(Collected data entries)
'''

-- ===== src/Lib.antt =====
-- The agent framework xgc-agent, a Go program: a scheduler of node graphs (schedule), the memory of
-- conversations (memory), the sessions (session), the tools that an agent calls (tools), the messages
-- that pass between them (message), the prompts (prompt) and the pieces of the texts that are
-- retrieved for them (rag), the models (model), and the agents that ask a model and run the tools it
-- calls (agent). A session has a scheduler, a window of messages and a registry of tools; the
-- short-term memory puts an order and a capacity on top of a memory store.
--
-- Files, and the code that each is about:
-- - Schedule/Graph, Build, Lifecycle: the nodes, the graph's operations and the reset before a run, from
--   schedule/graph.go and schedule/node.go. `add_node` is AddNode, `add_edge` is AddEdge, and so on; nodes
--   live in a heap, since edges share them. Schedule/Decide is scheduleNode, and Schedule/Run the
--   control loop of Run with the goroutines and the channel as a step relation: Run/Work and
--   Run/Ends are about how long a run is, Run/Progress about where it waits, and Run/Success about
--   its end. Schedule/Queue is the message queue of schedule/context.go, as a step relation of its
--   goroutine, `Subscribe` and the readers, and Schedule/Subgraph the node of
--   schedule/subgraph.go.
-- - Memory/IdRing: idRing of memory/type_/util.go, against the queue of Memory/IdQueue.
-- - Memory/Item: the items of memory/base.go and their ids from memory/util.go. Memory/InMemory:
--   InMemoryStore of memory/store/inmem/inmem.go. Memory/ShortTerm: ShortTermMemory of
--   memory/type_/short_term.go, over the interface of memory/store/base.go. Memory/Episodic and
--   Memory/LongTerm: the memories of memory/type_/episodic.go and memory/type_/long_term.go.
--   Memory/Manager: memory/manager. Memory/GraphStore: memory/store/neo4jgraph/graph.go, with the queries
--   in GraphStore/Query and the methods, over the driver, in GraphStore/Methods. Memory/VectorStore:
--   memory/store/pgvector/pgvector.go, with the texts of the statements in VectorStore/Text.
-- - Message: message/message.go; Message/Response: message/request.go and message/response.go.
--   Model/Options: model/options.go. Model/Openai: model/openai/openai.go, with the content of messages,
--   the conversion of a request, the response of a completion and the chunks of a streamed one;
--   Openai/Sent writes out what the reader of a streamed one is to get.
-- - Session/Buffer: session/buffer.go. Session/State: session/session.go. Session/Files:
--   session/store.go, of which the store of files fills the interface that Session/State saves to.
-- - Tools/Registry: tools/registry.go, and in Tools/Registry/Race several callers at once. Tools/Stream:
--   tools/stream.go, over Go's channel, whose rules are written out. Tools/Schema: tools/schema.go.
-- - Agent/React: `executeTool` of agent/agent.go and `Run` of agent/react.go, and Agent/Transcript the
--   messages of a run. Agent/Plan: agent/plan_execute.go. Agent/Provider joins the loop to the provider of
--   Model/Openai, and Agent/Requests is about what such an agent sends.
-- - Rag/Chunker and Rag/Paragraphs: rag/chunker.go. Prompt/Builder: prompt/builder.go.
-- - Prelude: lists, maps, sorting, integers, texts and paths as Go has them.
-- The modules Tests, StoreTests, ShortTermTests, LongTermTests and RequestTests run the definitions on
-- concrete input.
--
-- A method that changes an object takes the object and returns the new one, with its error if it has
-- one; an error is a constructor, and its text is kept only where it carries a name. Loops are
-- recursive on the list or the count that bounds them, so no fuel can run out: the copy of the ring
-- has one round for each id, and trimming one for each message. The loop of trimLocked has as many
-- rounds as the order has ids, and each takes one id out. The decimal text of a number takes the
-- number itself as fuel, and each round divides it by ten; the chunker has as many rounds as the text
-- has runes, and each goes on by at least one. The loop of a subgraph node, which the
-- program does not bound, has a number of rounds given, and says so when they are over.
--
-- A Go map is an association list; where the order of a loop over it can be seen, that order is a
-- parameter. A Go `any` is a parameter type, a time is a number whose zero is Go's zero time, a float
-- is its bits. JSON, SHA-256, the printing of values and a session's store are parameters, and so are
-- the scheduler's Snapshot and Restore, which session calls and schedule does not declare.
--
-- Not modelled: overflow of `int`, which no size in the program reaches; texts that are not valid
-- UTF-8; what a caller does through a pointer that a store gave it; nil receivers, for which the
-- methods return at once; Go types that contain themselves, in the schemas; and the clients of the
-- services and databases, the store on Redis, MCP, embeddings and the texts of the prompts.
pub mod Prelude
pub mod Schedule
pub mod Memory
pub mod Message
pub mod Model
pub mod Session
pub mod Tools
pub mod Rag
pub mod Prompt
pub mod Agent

'''
'''

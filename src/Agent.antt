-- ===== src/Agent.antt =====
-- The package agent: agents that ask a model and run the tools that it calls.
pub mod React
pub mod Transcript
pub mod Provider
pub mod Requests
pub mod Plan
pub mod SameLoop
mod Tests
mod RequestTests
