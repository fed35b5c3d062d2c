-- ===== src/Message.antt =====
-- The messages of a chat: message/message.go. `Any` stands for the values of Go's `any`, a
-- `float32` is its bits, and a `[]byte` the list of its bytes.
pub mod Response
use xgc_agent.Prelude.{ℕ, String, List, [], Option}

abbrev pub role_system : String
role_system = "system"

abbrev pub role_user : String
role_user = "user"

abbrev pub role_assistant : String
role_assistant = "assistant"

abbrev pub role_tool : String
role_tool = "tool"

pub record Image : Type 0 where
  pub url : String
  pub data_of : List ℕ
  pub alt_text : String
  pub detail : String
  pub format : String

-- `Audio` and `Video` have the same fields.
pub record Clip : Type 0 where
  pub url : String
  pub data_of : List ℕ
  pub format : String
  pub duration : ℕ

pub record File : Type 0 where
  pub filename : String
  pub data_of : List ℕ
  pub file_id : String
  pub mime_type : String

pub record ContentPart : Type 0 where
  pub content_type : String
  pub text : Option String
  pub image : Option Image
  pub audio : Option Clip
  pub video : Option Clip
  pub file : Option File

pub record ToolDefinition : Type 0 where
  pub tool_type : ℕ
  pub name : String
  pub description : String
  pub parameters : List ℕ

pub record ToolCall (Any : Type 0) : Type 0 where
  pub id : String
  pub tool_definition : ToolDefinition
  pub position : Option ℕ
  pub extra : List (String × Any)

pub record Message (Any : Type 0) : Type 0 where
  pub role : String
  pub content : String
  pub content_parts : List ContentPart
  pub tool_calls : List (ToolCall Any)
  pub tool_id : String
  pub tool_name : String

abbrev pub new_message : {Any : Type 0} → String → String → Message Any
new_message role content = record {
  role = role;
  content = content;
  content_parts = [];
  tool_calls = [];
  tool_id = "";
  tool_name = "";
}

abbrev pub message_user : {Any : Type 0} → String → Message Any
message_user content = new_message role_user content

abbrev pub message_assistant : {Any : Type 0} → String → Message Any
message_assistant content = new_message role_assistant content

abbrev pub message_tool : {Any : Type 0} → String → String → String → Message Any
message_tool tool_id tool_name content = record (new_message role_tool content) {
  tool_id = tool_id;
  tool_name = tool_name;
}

'''

Description of the task:
Lines above with the string "that" need to be found and copied.

Result below:
-- conversations (memory), the sessions (session), the tools that an agent calls (tools), the messages
-- that pass between them (message), the prompts (prompt) and the pieces of the texts that are
-- retrieved for them (rag), the models (model), and the agents that ask a model and run the tools it
-- Files, and the code that each is about:
--   session/store.go, of which the store of files fills the interface that Session/State saves to.
-- A method that changes an object takes the object and returns the new one, with its error if it has
-- recursive on the list or the count that bounds them, so no fuel can run out: the copy of the ring
-- A Go map is an association list; where the order of a loop over it can be seen, that order is a
-- Not modelled: overflow of `int`, which no size in the program reaches; texts that are not valid
-- UTF-8; what a caller does through a pointer that a store gave it; nil receivers, for which the
-- methods return at once; Go types that contain themselves, in the schemas; and the clients of the
-- The package agent: agents that ask a model and run the tools that it calls.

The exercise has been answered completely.